Understanding the fundamentals enables practitioners to make informed decisions about tool selection and implementation strategy. These foundational concepts shape how systems are architected and operated in production environments. Key considerations include performance characteristics, resource utilization patterns, and integration requirements that vary significantly based on specific use cases and organizational constraints.
Production deployments require careful consideration of operational characteristics including resource consumption, latency profiles, failure modes, and recovery mechanisms. Comprehensive testing against real-world scenarios helps validate assumptions, identify edge cases, and stress-test systems under realistic conditions. Automation of testing pipelines ensures consistent quality and reduces manual effort during deployment cycles.

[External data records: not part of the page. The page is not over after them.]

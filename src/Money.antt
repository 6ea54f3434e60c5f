-- ===== src/Money.antt =====
-- packages/run-domain/src/money.ts: atomic amounts as canonical decimal strings, assets, sums.
pub mod Decimal
mod Tests
use ship_yard.Prelude.{
  ℕ, ◌+◌, ◌-◌, ◌*◌, ◌/◌, ◌%◌, ◌<◌, Acc, lt_wf, dec_lt, dite, arith, Bool, ◌&&◌, ◌||◌, not, Option,
  none, some, [], ◌∷◌, Text, same_folded, leb, ◌==◌, if◌then◌else◌, Result, ok, err, ◌>>=◌, ◌>>◌,
  throw_if,
}

abbrev pub is_digit : ℕ → Bool
is_digit c = leb b'0' c && leb c b'9'

-- `\d*$`, and the value that `BigInt` gives the digits behind `n`.
unfoldable pub read_digits : ℕ → Text → Option ℕ
read_digits n [] = some n
read_digits n (c ∷ s) = if is_digit c then read_digits (n * 10 + (c - b'0')) s else none

-- The tail behind a leading `0`: the pattern allows none.
abbrev pub only_zero : Text → Option ℕ
only_zero [] = some 0
only_zero (_ ∷ _) = none

-- `parseAtomicAmount`: /^(0|[1-9]\d*)$/, then `BigInt`; `none` where it throws.
unfoldable pub parse_atomic_amount : Text → Option ℕ
unfolding read_digits
parse_atomic_amount [] = none
parse_atomic_amount (c ∷ s) =
    if c == b'0' then only_zero s else if is_digit c then read_digits (c - b'0') s else none

pub tenth-lt : (n : ℕ) → ¬ (n < 10) → n / 10 < n
tenth-lt n h = omega arith

-- The decimal digits of `n` before `out`.
emit_digits : (n : ℕ) → Acc ◌<◌ n → Text → Text
emit_digits n (Acc.intro _ smaller) out =
    dite (dec_lt n 10) (λ _. (b'0' + n) ∷ out)
      (λ h. emit_digits (n / 10) (smaller (n / 10) (tenth-lt n h)) ((b'0' + n % 10) ∷ out))

-- `toString()` of an unsigned `bigint`.
unfoldable pub to_string : ℕ → Text
unfolding emit_digits lt_wf dec_lt
to_string n = emit_digits n (lt_wf.apply n) []

pub record AssetId : Type 0 where
  pub chain_id : ℕ
  pub token_address : Text
  pub decimals : ℕ

pub record Money : Type 0 where
  pub asset : AssetId
  pub atomic_amount : Text

pub data MoneyError : Type 0 where
  different_assets bad_amount : MoneyError

unfoldable pub same_asset : AssetId → AssetId → Bool
same_asset left right =
    left.chain_id == right.chain_id
    && same_folded left.token_address right.token_address
    && left.decimals == right.decimals

unfoldable pub assert_same_asset : AssetId → AssetId → Result MoneyError (Unit {0})
unfolding same_asset
assert_same_asset left right = throw_if (not (same_asset left right)) different_assets

-- `parseAtomicAmount` as a call that may throw.
unfoldable pub amount_of : Text → Result MoneyError ℕ
amount_of s = elim (parse_atomic_amount s) [ none ↦ err bad_amount | some n ↦ ok n ]

unfoldable pub add_money : Money → Money → Result MoneyError Money
unfolding assert_same_asset amount_of
add_money left right = do
  assert_same_asset left.asset right.asset
  a ← amount_of left.atomic_amount
  b ← amount_of right.atomic_amount
  ok (record { asset = left.asset; atomic_amount = to_string (a + b) })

Community adoption and ecosystem maturity directly impact long-term viability and maintenance burden. Active development communities, thorough documentation, responsive support channels, and regular updates significantly reduce implementation friction. The availability of third-party integrations, plugins, and extensions extends functionality and accelerates time-to-value for organizations adopting these technologies.

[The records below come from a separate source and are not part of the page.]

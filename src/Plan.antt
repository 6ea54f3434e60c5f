-- ===== src/Plan.antt =====
-- packages/risk-classifier/src/test-plan-compiler.ts: the plan that a model's proposal compiles to.
pub mod Bounds
mod Tests
use ship_yard.Prelude.{
  ℕ, Option, none, some, List, [], ◌∷◌, ◌++◌, Text, text_eq, unique, ltb, if◌then◌else◌, is_empty,
  Result, ok, err, ◌>>=◌, ◌>>◌, throw_if,
}
use ship_yard.Money.{parse_atomic_amount, to_string}

pub data RiskLevel : Type 0 where
  low medium high : RiskLevel

-- `RiskClassification`: what `riskClassificationSchema` returns.
pub record RiskClassification : Type 0 where
  pub risk_level : RiskLevel
  pub proposed_scenarios : List Text
  pub proposed_tool_budget_atomic : Text
  pub rationale : Text

pub record CompiledTestPlan : Type 0 where
  pub scenarios : List Text
  pub tool_budget_atomic : Text
  pub risk_level : RiskLevel
  pub rationale : Text

pub data PlanError : Type 0 where
  no_mandatory_scenario not_an_amount : PlanError

-- `BigInt` of an atomic amount, whose pattern the schemas have matched.
abbrev pub atomic : Option ℕ → Result PlanError ℕ
atomic none = err not_an_amount
atomic (some n) = ok n

-- `proposedBudget > ceiling ? ceiling : proposedBudget`
unfoldable pub clamp : ℕ → ℕ → ℕ
clamp proposed ceiling = if ltb ceiling proposed then ceiling else proposed

-- `compileTestPlan`
unfoldable pub compile_test_plan :
    RiskClassification → List Text → Text → Result PlanError CompiledTestPlan
compile_test_plan proposal mandatory maximum = do
  throw_if (is_empty mandatory) no_mandatory_scenario
  proposed ← atomic (parse_atomic_amount proposal.proposed_tool_budget_atomic)
  ceiling ← atomic (parse_atomic_amount maximum)
  ok (record {
    scenarios = unique text_eq (mandatory ++ proposal.proposed_scenarios);
    tool_budget_atomic = to_string (clamp proposed ceiling);
    risk_level = proposal.risk_level;
    rationale = proposal.rationale;
  })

Cost considerations extend beyond initial implementation to include ongoing operational expenses, training requirements, infrastructure costs, and opportunity costs of technology choices. A holistic cost analysis accounts for both direct expenses and indirect costs spanning acquisition, deployment, operational overhead, and eventual maintenance or replacement. Return on investment calculations must consider these multifaceted dimensions.
Integration patterns and interoperability with existing infrastructure determine deployment success and organizational impact. Compatibility layers, standardized interfaces, clear migration paths, and backward compatibility mechanisms smooth adoption for teams managing legacy systems. Understanding integration points and potential bottlenecks helps avoid common pitfalls and ensures smooth operational transitions.
Monitoring and observability are critical aspects of modern production systems and operational excellence. Establishing comprehensive metrics, structured logging, distributed tracing, and alerting mechanisms enables rapid detection and resolution of issues before they impact end users. Instrumentation at multiple layers provides visibility into system behavior and helps drive continuous improvements.
Security considerations span multiple dimensions including authentication, authorization, encryption, data protection, and compliance with regulatory frameworks. Implementing defense-in-depth strategies with multiple layers of security controls reduces risk exposure. Regular security audits, penetration testing, and vulnerability assessments help identify and remediate weaknesses proactively before they become exploitable.
Scalability architecture decisions influence system behavior under load and determine capacity for future growth. Horizontal and vertical scaling approaches present different tradeoffs in terms of complexity, cost, and operational overhead. Designing systems with scalability in mind from inception prevents costly refactoring and ensures smooth expansion as demand increases.
Governance frameworks and standardization efforts ensure consistency across distributed teams and complex systems. Establishing clear policies, documentation standards, and review processes helps maintain code quality and operational excellence. Leadership support and organizational commitment to best practices drive adoption and sustained compliance.